Miller v. City of Waterbury, No. 097560 (Apr. 18, 1994)

1994 Conn. Super. Ct. 4065 | Conn. Super. Ct. | 1994

[EDITOR'S NOTE: This case is unpublished as indicated by the issuing court.] MEMORANDUM OF DECISION The plaintiff, Marion Miller, has filed an objection to the defendant's Request for Medical Examination, filed on March 9, 1994, seeking examination by Dr. Robert Hendrickson. Connecticut Practice Book 229 provides that "No plaintiff shall be compelled to undergo a physical examination by any physician to whom he objects in writing." The court, however, has inherent discretion to decide whether the objection is reasonable and should be sustained. Leblanc v. Cambo, 26 Conn. Sup. 338, (1966), but see Mulligan v. Goodrich, 28 Conn. Sup. 11, 14 (1968).

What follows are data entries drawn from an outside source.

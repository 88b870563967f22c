-- ===== src/Ledger/Refinement.antt =====
-- `_verify_events` accepts exactly the ledgers of the specification.
use inbar.Prelude.{
  ℕ, suc, String, List, [], ◌∷◌, some, ◌≡◌, ◌≤◌, refl, arith, All, Mem, Mem-cases, ok, bind-eq-ok,
  require_holds, forbid_holds, string_discrete, dec_lt, dec_mem, if_pos, if_neg, ◌<◌, sym, ◌∙◌, ◌≢◌,
}
use text.Mathlib.TextEquality.{eq_iff}
use native.Mathlib.Bridge.{le_prop}
use mathlib.Core.List.{not-mem-nil, mem-cons_self}
use inbar.Ledger.Lifecycle.{Edge, rank, Edge-rank-lt, Edge-completed, Edge-known, event_types}
use inbar.Runtime.{RuntimeIdentity-discrete}
use inbar.Ledger.{
  LedgerEvent, Primitives, genesis_hash, signer_changed, run_changed, not_monotonic,
  lifecycle_violation, unknown_type, duplicate_type, must_begin_with_run_started,
}
use inbar.Ledger.Verify.{
  Scan, start, verify_event, verify_step, verify_loop, verify_events, check_completion,
}
use inbar.Ledger.Spec.{IsAuthentic, Follows, IsTail, IsLedger, last_hash, signer_of}

completion_holds :
    (t : String) (seen : List String)
    → (t ≡ "run-completed" → Mem "readiness-adjudicated" seen)
    → check_completion t seen ≡ ok tt
completion_holds t seen h = elim (string_discrete t "run-completed") [
  | yes e ↦ rw (if_pos _ e) (require_holds (dec_mem string_discrete _ _) _ (h e))
  | no n ↦ rw (if_neg _ n)
]

run-started_ne_completed : ◌≢◌ {A = String} "run-started" "run-completed"
run-started_ne_completed e = ground (arith, eq_iff "run-started" "run-completed")

module _ {Payload SigningKey : Type 0} (prims : Primitives Payload SigningKey) where
  verify_event-IsAuthentic :
      (e : LedgerEvent Payload) (n : ℕ) (p : String)
      → verify_event prims e n p ≡ ok tt
      → IsAuthentic prims n p e
  unfolding verify_event
  verify_event-IsAuthentic e n p h = record {
    placed = ground arith;
    chained = ground arith;
    payload_hashed = ground arith;
    hashed = ground arith;
    signed = ground arith;
  }

  IsAuthentic-verify_event :
      (e : LedgerEvent Payload) (n : ℕ) (p : String)
      → IsAuthentic prims n p e
      → verify_event prims e n p ≡ ok tt
  unfolding verify_event
  IsAuthentic-verify_event e n p h = ground arith

  -- The local variables after `before`, in the run that `first` began.
  abbrev after : LedgerEvent Payload → LedgerEvent Payload → List String → Scan
  after first before seen = record {
    previous = before.event_hash;
    signer = some first.signer_public_key;
    run_id = some first.run_id;
    runtime = some first.runtime;
    previous_timestamp = some before.timestamp.instant;
    previous_type = some before.event_type;
    seen_types = seen;
  }

  step_accepts :
      (first before e : LedgerEvent Payload) (seen : List String) (n : ℕ) {s : Scan}
      → verify_step prims (after first before seen) n e ≡ ok s
      → IsAuthentic prims n before.event_hash e
        × Follows prims first before e
        × (s ≡ after first e (e.event_type ∷ seen))
  unfolding verify_step
  step_accepts first before e seen n h =
      ground (arith, verify_event-IsAuthentic e n before.event_hash)

  step_complete :
      (first before e : LedgerEvent Payload) (seen : List String) (n : ℕ)
      → IsAuthentic prims n before.event_hash e
      → Follows prims first before e
      → Mem e.event_type event_types
      → ¬ Mem e.event_type seen
      → (e.event_type ≡ "run-completed" → Mem "readiness-adjudicated" seen)
      → verify_step prims (after first before seen) n e ≡ ok (after first e (e.event_type ∷ seen))
  unfolding verify_step
  step_complete first before e seen n authentic follows known new adjudicated = simp (
    IsAuthentic-verify_event e n before.event_hash authentic,
    require_holds (string_discrete _ _) signer_changed follows.one_signer,
    require_holds (string_discrete _ _) run_changed follows.one_run,
    require_holds (RuntimeIdentity-discrete _ _) run_changed follows.one_runtime,
    forbid_holds (dec_lt _ _) not_monotonic not_before,
    require_holds (dec_mem string_discrete _ _) lifecycle_violation follows.edge,
    require_holds (dec_mem string_discrete _ _) unknown_type known,
    forbid_holds (dec_mem string_discrete _ _) duplicate_type new,
    completion_holds e.event_type seen adjudicated,
  )
    where
      not_before : ¬ (e.timestamp.instant < before.timestamp.instant)
      not_before = omega (arith, follows.not_earlier)

-- The types seen so far stand at or before the last one.
abbrev Seen : String → List String → Type 0
Seen t seen = Mem t seen × All (λ u. rank u ≤ rank t) seen

All-mem :
    (n : ℕ) (t : String) (seen : List String) → All (λ u. rank u ≤ n) seen → Mem t seen → rank t ≤ n
All-mem n t [] h m = absurd (not-mem-nil m)
All-mem n t (u ∷ us) h m = Mem-cases le_prop m (λ e. rw e h.0) (All-mem n t us h.1)

All-weaken :
    (n k : ℕ) (seen : List String) → n ≤ k → All (λ u. rank u ≤ n) seen → All (λ u. rank u ≤ k) seen
All-weaken n k [] le h = tt
All-weaken n k (u ∷ us) le h = (omega arith, All-weaken n k us le h.1)

Edge-new : (a b : String) (seen : List String) → Edge a b → Seen a seen → ¬ Mem b seen
Edge-new a b seen edge h m = omega (arith, Edge-rank-lt a b edge, All-mem (rank a) b seen h.1 m)

Edge-adjudicated :
    (a b : String) (seen : List String)
    → Edge a b
    → Seen a seen
    → b ≡ "run-completed"
    → Mem "readiness-adjudicated" seen
Edge-adjudicated a b seen edge h e = rw (Edge-completed a (rw e at edge)) at h.0

Edge-Seen : (a b : String) (seen : List String) → Edge a b → Seen a seen → Seen b (b ∷ seen)
Edge-Seen a b seen edge h = (
  mem-cons_self,
  (omega arith, All-weaken (rank a) (rank b) seen (omega (arith, Edge-rank-lt a b edge)) h.1),
)

module _ {Payload SigningKey : Type 0} (prims : Primitives Payload SigningKey) where
  loop_accepts :
      (es : List (LedgerEvent Payload)) (first before : LedgerEvent Payload) (seen : List String)
      (n : ℕ) (s : Scan)
      → verify_loop prims (after prims first before seen) n es ≡ ok s
      → IsTail prims first n before es
        × (s.previous ≡ last_hash before.event_hash es)
        × (s.signer ≡ some first.signer_public_key)
  unfolding verify_loop
  loop_accepts [] first before seen n s h = ground arith
  loop_accepts (e ∷ es) first before seen n s h =
      let (s', stepped, rest) =
        bind-eq-ok (verify_step prims (after prims first before seen) n e) _ h in
      let (authentic, follows, same) = step_accepts prims first before e seen n stepped in
      let (tail, last, signer) =
        loop_accepts es first e (e.event_type ∷ seen) (suc n) s (rw same at rest) in
      ((authentic, follows, tail), last, signer)

  loop_complete :
      (es : List (LedgerEvent Payload)) (first before : LedgerEvent Payload) (seen : List String)
      (n : ℕ)
      → IsTail prims first n before es
      → Seen before.event_type seen
      → (s : Scan) × (verify_loop prims (after prims first before seen) n es ≡ ok s)
        × (s.previous ≡ last_hash before.event_hash es)
        × (s.signer ≡ some first.signer_public_key)
  unfolding verify_loop
  loop_complete [] first before seen n h k = (after prims first before seen, refl, refl, refl)
  loop_complete (e ∷ es) first before seen n (authentic, follows, rest) k =
      rw
        (step_complete prims first before e seen n authentic follows
          (Edge-known before.event_type e.event_type follows.edge)
          (Edge-new before.event_type e.event_type seen follows.edge k)
          (Edge-adjudicated before.event_type e.event_type seen follows.edge k))
        (loop_complete es first e (e.event_type ∷ seen) (suc n) rest
          (Edge-Seen before.event_type e.event_type seen follows.edge k))

  first_accepts :
      (e : LedgerEvent Payload) {s : Scan}
      → verify_step prims start 0 e ≡ ok s
      → IsAuthentic prims 0 genesis_hash e
        × (e.event_type ≡ "run-started")
        × (s ≡ after prims e e (e.event_type ∷ []))
  unfolding verify_step
  first_accepts e h = ground (arith, verify_event-IsAuthentic prims e 0 genesis_hash)

  first_complete :
      (e : LedgerEvent Payload)
      → IsAuthentic prims 0 genesis_hash e
      → e.event_type ≡ "run-started"
      → verify_step prims start 0 e ≡ ok (after prims e e (e.event_type ∷ []))
  unfolding verify_step
  first_complete e authentic begins = simp (
    IsAuthentic-verify_event prims e 0 genesis_hash authentic,
    require_holds (string_discrete _ _) must_begin_with_run_started begins,
    require_holds (dec_mem string_discrete e.event_type event_types) unknown_type
        (rw begins mem-cons_self),
    completion_holds e.event_type []
        (λ ends. absurd (run-started_ne_completed (sym begins ∙ ends))),
  )

  verify_events_accepts :
      (e : LedgerEvent Payload) (es : List (LedgerEvent Payload)) (r : String × String)
      → verify_events prims (e ∷ es) ≡ ok r
      → IsLedger prims (e ∷ es) × (r ≡ (last_hash e.event_hash es, e.signer_public_key))
  unfolding verify_events verify_loop
  verify_events_accepts e es r h =
      let (s, looped, done) = bind-eq-ok (verify_loop prims start 0 (e ∷ es)) _ h in
      let (s', stepped, rest) = bind-eq-ok (verify_step prims start 0 e) _ looped in
      let (authentic, begins, same) = first_accepts e stepped in
      let (tail, last, signer) = loop_accepts es e e (e.event_type ∷ []) 1 s (rw same at rest) in
      ((authentic, begins, tail), ground arith)

  verify_events_complete :
      (e : LedgerEvent Payload) (es : List (LedgerEvent Payload))
      → IsLedger prims (e ∷ es)
      → verify_events prims (e ∷ es) ≡ ok (last_hash e.event_hash es, e.signer_public_key)
  unfolding verify_events verify_loop
  verify_events_complete e es (authentic, begins, tail) =
      let (s, looped, last, signer) =
        loop_complete es e e (e.event_type ∷ []) 1 tail (mem-cons_self, (omega arith, tt)) in
      rw (first_complete e authentic begins) (rw looped (ground arith))

  -- `_verify_events` returns exactly on the ledgers of the specification, with the hash of the last
  -- event and the signer. In particular the guards against an unknown type, a repeated type and a
  -- completion without adjudication refuse nothing that the lifecycle table lets through.
  pub verify_events_lem :
      (events : List (LedgerEvent Payload))
      → ((r : String × String)
          → verify_events prims events ≡ ok r
          → IsLedger prims events × (r ≡ (last_hash genesis_hash events, signer_of events)))
        × (IsLedger prims events
            → verify_events prims events ≡ ok (last_hash genesis_hash events, signer_of events))
  unfolding verify_events verify_loop
  verify_events_lem [] = (λ r h. (tt, cc), λ _. refl)
  verify_events_lem (e ∷ es) = (verify_events_accepts e es, verify_events_complete e es)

The defendant has a "due process right to defend [its] property from a recovery of damages by the plaintiff by taking reasonable steps to ascertain the nature and extent of the plaintiff's injuries. In the context of one adversarial system which seeks the truth in a contest before a trier, such reasonable means allows the defendant to use [its] own experts to ascertain the nature and extent of the plaintiff's injuries which arise because of the plaintiff's injuries which arise because of an accident for which the defendant maybe responsible." Pinto v. Walter, 5 CSCR 159 (March 5, 1990 McDonald, J.)

Here, plaintiff's counsel objects to an examination by Dr. Hendrickson because in counsel's opinion, the doctor often does examinations for the defendant. Given the purpose of the examination and the adversarial role of counsel, fairness and reason require the court to overrule the plaintiff's objection.